5. Set up the Filesystem
Once the process is forked, the filesystem must be set up. By default, the forked process can still see the old /proc directory containing the file descriptors for all OS processes, but it shouldn’t be able to access them. /proc must be remounted so that it only shows the PIDs visible to the child process.
The root directory for the process must also be changed. In my implementation, I use the chroot syscall, mostly because there already exists a Python os module wrapper for it. This changes the root directory to that of the temporary directory that we created that contains the extracted system image.
Note that chroot has a pretty gnarly escape where you can get access to the real root folder of the system simply by calling chroot again to another relative path and break out.

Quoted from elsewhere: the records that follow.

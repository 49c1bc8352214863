-- ===== src/LatchFree/Stack/Tests.antt =====
-- A stack of src/latch-free/stack.cpp after one push, with a second one under way.
use cpp_wtfsc.Base.{ℕ, refl, List, [], ◌∷◌, none, some}
use cpp_wtfsc.LatchFree.Stack.{
  idle, pushing, pushed, Stack, update, push_load, push_exchange, Reach, begin, step,
}
use cpp_wtfsc.LatchFree.Stack.Linear.{Chain, Runs, stack_linear}

abbrev one_pushed : Stack ℕ
one_pushed = record {
  nodes = record { value = 5; next = none } ∷ [];
  head = some 0;
  threads = update (update (λ i. idle) 0 (pushing 5 none)) 0 idle;
  log = pushed 5 ∷ [];
}

one_pushed-Reach : Reach none one_pushed
one_pushed-Reach = step (step begin (push_load 0 5 refl)) (push_exchange 0 refl refl)

stack_linear_example : (xs : List ℕ) × Chain one_pushed.nodes (some 0) xs × Runs (pushed 5 ∷ []) xs
stack_linear_example = stack_linear none one_pushed refl one_pushed-Reach
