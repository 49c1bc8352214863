-- ===== src/Matrix.antt =====
-- The sparse matrices in compressed row storage: src/matrix/sparse_matrix.cpp, and the version of
-- src/parallel-sparse-matrix/sparse_matrix.h that counts from 0.
pub mod Result
pub mod Scalar
pub mod Storage
pub mod Rows
pub mod Sparse
pub mod Parallel
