-- ===== src/Matrix/Result.antt =====
-- What a call of a matrix method comes to: a value, one of the exceptions of src/matrix/exceptions.h,
-- or undefined behaviour, such as a read out of range or through a pointer that is null or was never
-- set. The messages of the exceptions are left out.
use native.Mathlib.Numerals.{add-one}
use cpp_wtfsc.Base.{
  ℕ, ◌<◌, [], ◌∷◌, ◌++◌, map, get_elem?_in_range, ◌+◌, ◌≡◌, refl, List, none, some, Bool, true,
  false, get_elem?, length,
}

pub data Result {ℓ} (A : Type ℓ) : Type ℓ where
  ok : A → Result A
  invalid_dimensions : Result A
  invalid_coordinates : Result A
  undefined : Result A

infixl 5 ◌>>=◌
abbrev pub ◌>>=◌ {ℓ κ} : {A : Type ℓ} {B : Type κ} → Result A → (A → Result B) → Result B
ok a >>= f = f a
invalid_dimensions >>= f = invalid_dimensions
invalid_coordinates >>= f = invalid_coordinates
undefined >>= f = undefined

-- A raw pointer: null, never assigned or freed, or to an object that it owns.
pub data Pointer {ℓ} (A : Type ℓ) : Type ℓ where
  null : Pointer A
  wild : Pointer A
  to : A → Pointer A

abbrev pub deref {ℓ} : {A : Type ℓ} → Pointer A → Result A
deref null = undefined
deref wild = undefined
deref (to a) = ok a

abbrev pub is_null {ℓ} : {A : Type ℓ} → Pointer A → Bool
is_null null = true
is_null wild = false
is_null (to a) = false

-- `v[i]`
unfoldable pub at {ℓ} : {A : Type ℓ} → List A → ℕ → Result A
at xs i = elim (get_elem? xs i) [ none ↦ undefined | some x ↦ ok x ]

pub at-append_middle {ℓ} :
    {A : Type ℓ} (xs : List A) (y : A) (ys : List A) → at (xs ++ y ∷ ys) (length xs) ≡ ok y
unfolding at
at-append_middle [] y ys = refl
at-append_middle (x ∷ xs) y ys = at-append_middle xs y ys

pub at-map_middle {ℓ κ} :
    {A : Type ℓ} {B : Type κ} (f : A → B) (xs : List A) (y : A) (ys : List A)
    → at (map f (xs ++ y ∷ ys)) (length xs) ≡ ok (f y)
unfolding at
at-map_middle f [] y ys = refl
at-map_middle f (x ∷ xs) y ys = at-map_middle f xs y ys

pub at_in_range {ℓ} :
    {A : Type ℓ} (xs : List A) (i : ℕ)
    → i < length xs
    → (x : A) × (at xs i ≡ ok x) × (get_elem? xs i ≡ some x)
unfolding at
at_in_range xs i h = let (x, e) = get_elem?_in_range xs i h in (x, rw (e, at), e)

pub at-append_second {ℓ} :
    {A : Type ℓ} (xs : List A) (y z : A) (ys : List A)
    → at (xs ++ y ∷ z ∷ ys) (length xs + 1) ≡ ok z
unfolding at
at-append_second [] y z ys = refl
at-append_second (x ∷ xs) y z ys = rw add-one (rw add-one at (at-append_second xs y z ys))
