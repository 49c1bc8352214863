-- ===== src/Matrix/Scalar.antt =====
-- What the matrices use of their template argument: `T()`, the arithmetic operators and `==`. A
-- client's type is a parameter; the laws are those that the theorems need.
use cpp_wtfsc.Base.{◌≡◌, ◌↔◌, Bool, true, ℕ, ◌+◌, ◌-◌, ◌*◌, ◌==◌, ==_iff}

pub record Scalar (T : Type 0) : Type 0 where
  pub zero : T
  pub plus : T → T → T
  pub minus : T → T → T
  pub times : T → T → T
  pub beq : T → T → Bool
  pub beq_iff : (a b : T) → (beq a b ≡ true) ↔ (a ≡ b)

-- Natural numbers, as a template argument of the tests.
abbrev pub naturals : Scalar ℕ
naturals = record { zero = 0; plus = ◌+◌; minus = ◌-◌; times = ◌*◌; beq = ◌==◌; beq_iff = ==_iff }
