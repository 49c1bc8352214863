-- ===== src/Matrix/Storage.antt =====
-- The loops over the three arrays that both matrix classes share, as src/matrix/sparse_matrix.cpp
-- writes them. `cols` and `vals` are read through their pointers in each round, and a counted loop
-- recurs on the rounds that are left.
use cpp_wtfsc.Base.{
  ℕ, zero, suc, ◌+◌, ◌-◌, List, [], ◌∷◌, Option, some, ◌==◌, ltb, leb, length, set, if◌then◌else◌,
}
use cpp_wtfsc.Matrix.Result.{Result, ok, undefined, ◌>>=◌, Pointer, deref, at}
use cpp_wtfsc.Matrix.Scalar.{Scalar}

module _ {ℓ} {A : Type ℓ} where
  abbrev pub insert_at : List A → ℕ → A → List A
  insert_at xs zero v = v ∷ xs
  insert_at [] (suc i) v = []
  insert_at (x ∷ xs) (suc i) v = x ∷ insert_at xs i v

  abbrev pub remove_at : List A → ℕ → List A
  remove_at [] i = []
  remove_at (x ∷ xs) zero = xs
  remove_at (x ∷ xs) (suc i) = x ∷ remove_at xs i

  -- `v->insert(v->begin() + i, x)`, `v->erase(v->begin() + i)` and `v[i] = x`
  unfoldable pub vector_insert : List A → ℕ → A → Result (List A)
  vector_insert xs i x = if leb i (length xs) then ok (insert_at xs i x) else undefined

  unfoldable pub vector_erase : List A → ℕ → Result (List A)
  vector_erase xs i = if ltb i (length xs) then ok (remove_at xs i) else undefined

  unfoldable pub vector_assign : List A → ℕ → A → Result (List A)
  vector_assign xs i x = if ltb i (length xs) then ok (set xs i x) else undefined

-- The loop of `insert` that adds 1 to `rows` from index `i` on, and that of `remove`.
unfoldable pub increment_from : ℕ → ℕ → List ℕ → Result (List ℕ)
increment_from zero i rows = ok rows
increment_from (suc rounds) i rows = do
  k ← at rows i
  increment_from rounds (i + 1) (set rows i (k + 1))

unfoldable pub decrement_from : ℕ → ℕ → List ℕ → Result (List ℕ)
decrement_from zero i rows = ok rows
decrement_from (suc rounds) i rows = do
  k ← at rows i
  decrement_from rounds (i + 1) (set rows i (k - 1))

module _ {T : Type 0} (scalar : Scalar T) (cols : Pointer (List ℕ)) (vals : Pointer (List T)) where
  -- The loop of `get` from position `pos`.
  unfoldable pub find_from : ℕ → ℕ → ℕ → Result T
  find_from zero pos col = ok scalar.zero
  find_from (suc rounds) pos col =
      let rest = find_from rounds (pos + 1) col in
      do
        cs ← deref cols
        curr_col ← at cs pos
        if curr_col == col
            then (deref vals >>= λ vs. at vs pos)
            else if ltb col curr_col
            then ok scalar.zero
            else rest

-- The loop of `set`: where it stops, and the last column that it has read.
unfoldable pub locate_from : Pointer (List ℕ) → ℕ → ℕ → Option ℕ → ℕ → Result (ℕ × Option ℕ)
locate_from cols zero pos curr_col col = ok (pos, curr_col)
locate_from cols (suc rounds) pos curr_col col = do
  cs ← deref cols
  c ← at cs pos
  if leb col c then ok (pos, some c) else locate_from cols rounds (pos + 1) (some c) col
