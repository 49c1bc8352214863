-- ===== src/Matrix/Sparse.antt =====
-- The class of src/matrix/sparse_matrix.cpp. Rows and columns count from 1, positions in the arrays
-- from 0. A dimension or a coordinate is a natural number: a negative `int` is refused by the same
-- test as 0. Offsets are below 2 ^ 31 as long as the entries fit in memory, and do not wrap.
pub mod Represents
pub mod Edit
pub mod Access
pub mod Arithmetic
pub mod Values
pub mod Products
pub mod VectorProduct
pub mod Cells
pub mod Client
pub mod Lifetime
mod Tests
use cpp_wtfsc.Base.{
  ℕ, zero, suc, ◌+◌, ◌-◌, Bool, true, false, not, ◌&&◌, ◌||◌, List, [], ◌∷◌, ◌++◌, Option, none,
  some, ◌==◌, ltb, leb, length, replicate, set as set_elem, if◌then◌else◌,
}
use cpp_wtfsc.Matrix.Result.{
  Result, ok, invalid_dimensions, invalid_coordinates, undefined, ◌>>=◌, Pointer, null, wild, to,
  deref, is_null, at,
}
use cpp_wtfsc.Matrix.Scalar.{Scalar}
use cpp_wtfsc.Matrix.Storage.{
  vector_insert, vector_erase, vector_assign, increment_from, decrement_from, find_from,
  locate_from,
}

pub record SparseMatrix (T : Type 0) : Type 0 where
  pub m : ℕ
  pub n : ℕ
  pub vals : Pointer (List T)
  pub cols : Pointer (List ℕ)
  pub rows : List ℕ

-- `construct`
unfoldable pub init : {T : Type 0} → ℕ → ℕ → Result (SparseMatrix T)
init rows columns =
    if ltb rows 1 || ltb columns 1
    then invalid_dimensions
    else ok
        (record { m = rows; n = columns; vals = null; cols = null; rows = replicate (rows + 1) 1 })

unfoldable pub validate_coordinates : {T : Type 0} → SparseMatrix T → ℕ → ℕ → Result (Unit {0})
validate_coordinates a row col =
    if ltb row 1 || (ltb col 1 || (ltb a.m row || ltb a.n col)) then invalid_coordinates else ok tt

-- Whether the last column that the loop of `set` read is the one looked for.
abbrev pub stopped_at : Option ℕ → ℕ → Bool
stopped_at none col = false
stopped_at (some c) col = c == col

module _ {T : Type 0} (scalar : Scalar T) where
  unfoldable pub get : SparseMatrix T → ℕ → ℕ → Result T
  unfolding validate_coordinates
  get a row col = do
    _ ← validate_coordinates a row col
    start ← at a.rows (row - 1)
    stop ← at a.rows row
    find_from scalar a.cols a.vals (stop - 1 - (start - 1)) (start - 1) col

  -- `insert`: the two arrays are made on the first use.
  unfoldable pub insert : SparseMatrix T → ℕ → ℕ → ℕ → T → Result (SparseMatrix T)
  insert a index row col val =
      let grow = (do
        vs ← deref a.vals
        vs' ← vector_insert vs index val
        cs ← deref a.cols
        cs' ← vector_insert cs index col
        ok (vs', cs')) in
      do
        (vs, cs) ← (if is_null a.vals then ok (val ∷ [], col ∷ []) else grow)
        rows ← increment_from (a.m + 1 - row) row a.rows
        ok (record a { vals = to vs; cols = to cs; rows = rows })

  unfoldable pub remove : SparseMatrix T → ℕ → ℕ → Result (SparseMatrix T)
  remove a index row = do
    vs ← deref a.vals
    vs' ← vector_erase vs index
    cs ← deref a.cols
    cs' ← vector_erase cs index
    rows ← decrement_from (a.m + 1 - row) row a.rows
    ok (record a { vals = to vs'; cols = to cs'; rows = rows })

  -- `(*vals)[pos] = val`
  unfoldable pub overwrite : SparseMatrix T → ℕ → T → Result (SparseMatrix T)
  overwrite a pos val = do
    vs ← deref a.vals
    vs' ← vector_assign vs pos val
    ok (record a { vals = to vs' })

  unfoldable pub set : SparseMatrix T → T → ℕ → ℕ → Result (SparseMatrix T)
  unfolding validate_coordinates
  set a val row col = do
    _ ← validate_coordinates a row col
    start ← at a.rows (row - 1)
    stop ← at a.rows row
    (pos, curr_col) ← locate_from a.cols (stop - 1 - (start - 1)) (start - 1) (some 0) col
    if not (stopped_at curr_col col)
        then (if not (scalar.beq val scalar.zero) then insert a pos row col val else ok a)
        else (if scalar.beq val scalar.zero then remove a pos row else overwrite a pos val)
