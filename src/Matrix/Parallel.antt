-- ===== src/Matrix/Parallel.antt =====
-- The class of src/parallel-sparse-matrix/sparse_matrix.h. Its arrays are those of
-- src/matrix/sparse_matrix.cpp, but rows, columns and offsets count from 0, and no method tests its
-- coordinates: what an index out of range reads is undefined. A coordinate is a natural number, and
-- the column that `set` starts with, -1, is `none`. Both exceptions are `invalid_dimensions`.
pub mod Access
pub mod Cells
pub mod Products
mod Tests
use cpp_wtfsc.Base.{
  ℕ, zero, suc, ◌+◌, ◌-◌, not, ◌||◌, List, [], ◌∷◌, none, ◌==◌, ltb, length, replicate,
  if◌then◌else◌,
}
use cpp_wtfsc.Matrix.Result.{
  Result, ok, invalid_dimensions, ◌>>=◌, null, wild, to, deref, is_null, at,
}
use cpp_wtfsc.Matrix.Scalar.{Scalar}
use cpp_wtfsc.Matrix.Storage.{
  vector_insert, vector_erase, vector_assign, increment_from, decrement_from, find_from,
  locate_from,
}
use cpp_wtfsc.Matrix.Sparse.{SparseMatrix, stopped_at, overwrite}

unfoldable pub init : {T : Type 0} → ℕ → ℕ → Result (SparseMatrix T)
init rows columns =
    if ltb rows 1 || ltb columns 1
    then invalid_dimensions
    else ok
        (record { m = rows; n = columns; vals = null; cols = null; rows = replicate (rows + 1) 0 })

-- The destructor: what is deleted must be owned, and is dangling afterwards.
unfoldable pub destruct : {T : Type 0} → SparseMatrix T → Result (SparseMatrix T)
destruct this =
    let freed = (do
      _ ← deref this.vals
      _ ← deref this.cols
      ok (record this { vals = wild; cols = wild; rows = [] })) in
    if is_null this.vals then ok (record this { rows = [] }) else freed

module _ {T : Type 0} (scalar : Scalar T) where
  unfoldable pub get : SparseMatrix T → ℕ → ℕ → Result T
  get a row col = do
    start ← at a.rows row
    stop ← at a.rows (row + 1)
    find_from scalar a.cols a.vals (stop - start) start col

  unfoldable pub insert : SparseMatrix T → ℕ → ℕ → ℕ → T → Result (SparseMatrix T)
  insert a index row col val =
      let grow = (do
        vs ← deref a.vals
        vs' ← vector_insert vs index val
        cs ← deref a.cols
        cs' ← vector_insert cs index col
        ok (vs', cs')) in
      do
        (vs, cs) ← (if is_null a.vals then ok (val ∷ [], col ∷ []) else grow)
        rows ← increment_from (a.m - row) (row + 1) a.rows
        ok (record a { vals = to vs; cols = to cs; rows = rows })

  unfoldable pub remove : SparseMatrix T → ℕ → ℕ → Result (SparseMatrix T)
  remove a index row = do
    vs ← deref a.vals
    vs' ← vector_erase vs index
    cs ← deref a.cols
    cs' ← vector_erase cs index
    rows ← decrement_from (a.m - row) (row + 1) a.rows
    ok (record a { vals = to vs'; cols = to cs'; rows = rows })

  unfoldable pub set : SparseMatrix T → ℕ → ℕ → T → Result (SparseMatrix T)
  set a row col val = do
    start ← at a.rows row
    stop ← at a.rows (row + 1)
    (pos, cur_col) ← locate_from a.cols (stop - start) start none col
    if not (stopped_at cur_col col)
        then (if not (scalar.beq val scalar.zero) then insert a pos row col val else ok a)
        else (if scalar.beq val scalar.zero then remove a pos row else overwrite scalar a pos val)

  -- The loop over the entries of one row, in `multiply` and in `multiplyRow`.
  unfoldable pub sum_entries : SparseMatrix T → List T → ℕ → ℕ → T → Result T
  sum_entries a x zero j sum = ok sum
  sum_entries a x (suc rounds) j sum = do
    cs ← deref a.cols
    col_idx ← at cs j
    vs ← deref a.vals
    v ← at vs j
    xc ← at x col_idx
    sum_entries a x rounds (j + 1) (scalar.plus sum (scalar.times v xc))

  -- The outer loop of `multiply`, from row `i` on.
  unfoldable pub multiply_rows : SparseMatrix T → List T → ℕ → ℕ → List T → Result (List T)
  unfolding sum_entries
  multiply_rows a x zero i result = ok result
  multiply_rows a x (suc rounds) i result = do
    start ← at a.rows i
    stop ← at a.rows (i + 1)
    sum ← sum_entries a x (stop - start) start scalar.zero
    result' ← vector_assign result i sum
    multiply_rows a x rounds (i + 1) result'

  unfoldable pub multiply : SparseMatrix T → List T → Result (List T)
  unfolding multiply_rows
  multiply a x =
      if not (a.n == length x)
      then invalid_dimensions
      else (let result = replicate a.m scalar.zero in
          if is_null a.vals then ok result else multiply_rows a x a.m 0 result)

  unfoldable pub multiply_row : SparseMatrix T → ℕ → List T → Result T
  unfolding sum_entries
  multiply_row a i x =
      if not (a.n == length x)
      then invalid_dimensions
      else if is_null a.vals
      then ok scalar.zero
      else (do
        start ← at a.rows i
        stop ← at a.rows (i + 1)
        sum_entries a x (stop - start) start scalar.zero)
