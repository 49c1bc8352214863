-- ===== src/Matrix/Rows.antt =====
-- A matrix as rows of entries, and how the three arrays of compressed row storage spell it.
pub mod Put
pub mod Layout
pub mod Splice
pub mod Dense
use cpp_wtfsc.Base.{
  ℕ, suc, ◌+◌, ◌≤◌, ◌<◌, ◌≡◌, ◌≢◌, List, [], ◌∷◌, ◌++◌, ◌==◌, ltb, length, if◌then◌else◌,
}
use cpp_wtfsc.Matrix.Scalar.{Scalar}

-- Column and value, by column.
abbrev pub Row : Type 0 → Type 0
Row T = List (ℕ × T)

module _ {T : Type 0} where
  -- All entries, row after row.
  abbrev pub entries : List (Row T) → Row T
  entries [] = []
  entries (r ∷ rs) = r ++ entries rs

  -- Where each row begins, and where the last one ends, if the first begins at `b`.
  abbrev pub offsets : ℕ → List (Row T) → List ℕ
  offsets b [] = b ∷ []
  offsets b (r ∷ rs) = b ∷ offsets (b + length r) rs

module _ {T : Type 0} (scalar : Scalar T) where
  -- Columns rise strictly from `lo` to below `hi`, and no value is `T()`.
  abbrev pub IsRow : ℕ → ℕ → Row T → Type 0
  IsRow lo hi [] = Unit
  IsRow lo hi ((c, v) ∷ r) = (lo ≤ c) × (c < hi) × (v ≢ scalar.zero) × IsRow (suc c) hi r

  -- The value in a column.
  unfoldable pub lookup : Row T → ℕ → T
  lookup [] col = scalar.zero
  lookup ((c, v) ∷ r) col = if c == col then v else lookup r col

  -- The row with one column given another value.
  unfoldable pub put : Row T → ℕ → T → Row T
  put [] col x = if scalar.beq x scalar.zero then [] else (col, x) ∷ []
  put ((c, v) ∷ r) col x =
      if ltb c col
      then (c, v) ∷ put r col x
      else if c == col
      then (if scalar.beq x scalar.zero then r else (col, x) ∷ r)
      else (if scalar.beq x scalar.zero then (c, v) ∷ r else (col, x) ∷ (c, v) ∷ r)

There are other ways to change the mount tree’s root directory itself, but I chose not to use them for this example to keep the code as understandable as possible.
And there we have it, a poor mans container runtime, complete with no network access, incomplete isolation, and at least one major security vulnerability. The concepts are simple, but the implementation is not so much. However, it was still a fun educational exercise, especially as someone who is not familiar with low-level kernel interfaces.
Containers aren't magic, although using them can make it feel like they are. They're processes with a few clever tricks added on: namespaces to limit what the process can see, cgroups to limit what it can consume, and images to bundle everything it needs into a portable snapshot.
I hope this post demystifies the black box a little. The next time you run docker run, you'll know that somewhere under the hood, the kernel is creating some isolated processes, giving it a restricted view of its world, and pointing it at a directory full of files.
[1] You may at this point be thinking, if Docker containers rely on namespaces and cgroups in Linux to isolate processes, how do they work on macOS or Windows? Well the short answer is that they don’t. When you run Docker on Mac or Windows it actually runs in a lightweight, purpose-built Linux VM. In theory any performance hit from running containers in the VM should be minimal, but in practice it is relatively well accepted that running Docker on Linux has meaningful performance benefits.